From a security viewpoint, this doesn’t feel secure enough to me. However, switching architecture to an encoder-decoder or dual-encoder-single-decode model may be too drastic a change just to fix a security issue. An intermediate positions would be to use feature engineering. For example, suppose you have an LLM with a residual embedding dimension 2n. You could reduce the token embedding (and perhaps also position embedding) dimension to 2n−1 and use the remaining dimension to encode the distinctions between prompt, input, and output (say using, in prompt = +1, in input = −1, in output = −0.5). That of course doesn’t prevent intermediate layers from outputting to this dimension and potentially messing this signal up (though giving them only 2n−1 output dimensions and preventing that would also be an option). Or you could simply pass this feature along as an extra read-only dimension/feature appended to the 2n residual channel dimensions, so every sets of weights that read from or attend to the residuals needs to have 2n+1 weights, making them slightly larger.
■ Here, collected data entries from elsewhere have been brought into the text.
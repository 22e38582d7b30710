-- ===== src/Cache/Reading.antt =====
-- internal/store/cache.go: a `get` after a `set`.
use thunder_go.Prelude.{
  ℕ, suc, ◌+◌, ◌≤◌, ◌<◌, ◌≡◌, refl, ap, ◌∙◌, inl, inr, false, Option, none, some, List, [], ◌∷◌,
  arith, length, All, ltb, tests, Bool-cases,
}
use thunder_go.Prelude.Text.{Text, text_eq}
use thunder_go.Prelude.Text.Laws.{text_eq_iff}
use thunder_go.Cache.{
  Entry, Cache, max_int64, find, get, remove_oldest, evict_back, set_found, entry_of, set_entry,
}
use thunder_go.Cache.Laws.{Absent, Distinct, IsValid}
use thunder_go.Cache.Peek.{peek, peek-remove_element, get-peek}
use thunder_go.Cache.Eviction.{oldest-tail}

module _ {ℓ} {V : Type ℓ} where
  -- No access lies in the future.
  abbrev pub Past : ℕ → Cache V → Type 0
  Past now c = All (λ y. y.last_access ≤ now) c.ll

  peek_head :
      (now : ℕ) (k : Text) (v : V) (c : Cache V) (es : List (Entry V))
      → peek k (entry_of now k v c ∷ es) ≡ some (v, now + c.ttl)
  unfolding peek find
  peek_head now k v c es = ground (arith, text_eq_iff k k)

  found_ne :
      (k : Text) (y : Entry V) (es : List (Entry V))
      → Absent k es
      → find y.key es ≡ some y
      → text_eq y.key k ≡ false
  found_ne k y es a f = ground (arith, text_eq_iff y.key k)

  peek_evicted :
      (now : ℕ) (k : Text) (v : V) (c : Cache V) (es : List (Entry V))
      → c.ll ≡ es
      → Absent k es
      → Distinct es
      → now ≤ max_int64
      → Past now c
      → 0 < length es
      → peek k (evict_back (entry_of now k v c ∷ es)) ≡ some (v, now + c.ttl)
  unfolding evict_back
  peek_evicted now k v c [] p a d h past some' = absurd (omega arith)
  peek_evicted now k v c (x ∷ xs) p a d h past some' =
      let (y, o, f) =
        oldest-tail (entry_of now k v c) (x ∷ xs) x xs refl (a, d) h (rw p at past).0 in
      ap (λ q. peek k (remove_oldest q (entry_of now k v c ∷ x ∷ xs))) o
      ∙ rw
          (
            peek-remove_element y.key k (entry_of now k v c ∷ x ∷ xs) (a, d),
            found_ne k y (x ∷ xs) a f,
          )
          (peek_head now k v c (x ∷ xs))

  peek-set_found :
      (now : ℕ) (k : Text) (v : V) (c : Cache V) (o : Option (Entry V))
      → find k c.ll ≡ o
      → IsValid c
      → 0 < c.max_size
      → now ≤ max_int64
      → Past now c
      → peek k (set_found now k v c o).ll ≡ some (v, now + c.ttl)
  unfolding set_found
  peek-set_found now k v c (some e) f valid pos' h past = peek_head now k v c _
  peek-set_found now k v c none f valid pos' h past =
      elim (Bool-cases (ltb c.max_size (suc (length c.ll)))) [
        | inl over ↦
            rw over (peek_evicted now k v c c.ll refl f valid.distinct h past (omega (tests, over)))
        | inr fits ↦ rw fits (peek_head now k v c c.ll)
      ]

  -- A `get` that comes next after a `set` of its key, with no other call in between, finds the value
  -- unless it has expired: the entry that makes room for it is always another one. The cache is
  -- well-formed and may hold one entry at least, the time of the `set` is an int64, and no access
  -- lies after it.
  pub get-set_entry :
      (now later : ℕ) (k : Text) (v : V) (c : Cache V)
      → IsValid c
      → 0 < c.max_size
      → now ≤ max_int64
      → Past now c
      → later ≤ now + c.ttl
      → (get later k (set_entry now k v c)).0 ≡ some v
  unfolding set_entry
  get-set_entry now later k v c valid pos' h past live' =
      rw
        (
          get-peek later k (set_found now k v c (find k c.ll)),
          peek-set_found now k v c (find k c.ll) refl valid pos' h past,
        )
        (ground arith)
All of these variant proposals involve making some modifications to the LLM’s architecture, but they’re all a lot simpler and less expensive than my first proposal.
All of these proposals (including the original) are, of course going against advice of the Bitter Lesson My response would be that I’m quite aware that (given unfakable boundary tokens) the neural net can learn to distinguish between the prompt, input, and output text without us doing anything further: I just don’t trust it to do so as reliably, efficiently, or perfectly as if we use feature engineering to explicitly supply this signal as input to the first layer. In the case of security, there is a huge difference between being secure under, say, 99.99% of inputs vs. 100%, because you have an attacker actively searching for the insecure 0.01% of the space. Training a classifier to achieve more than 99.99% accuracy tends to require huge amounts of training data, or data adversarialy enriched in potential problem cases, because you only get gradient from the failed cases, and I don’t see how you can ever get to 100% by training. So I’m not convinced that the Bitter Lesson applies to security issues.
On the other hand, the feature engineering approach can only ensure that the signal is available to the neural net: even that can’t ensure that the LLM will 100% never obey instructions in the input text, only that the “this is input text” label was 100% available to every layer of the LLM.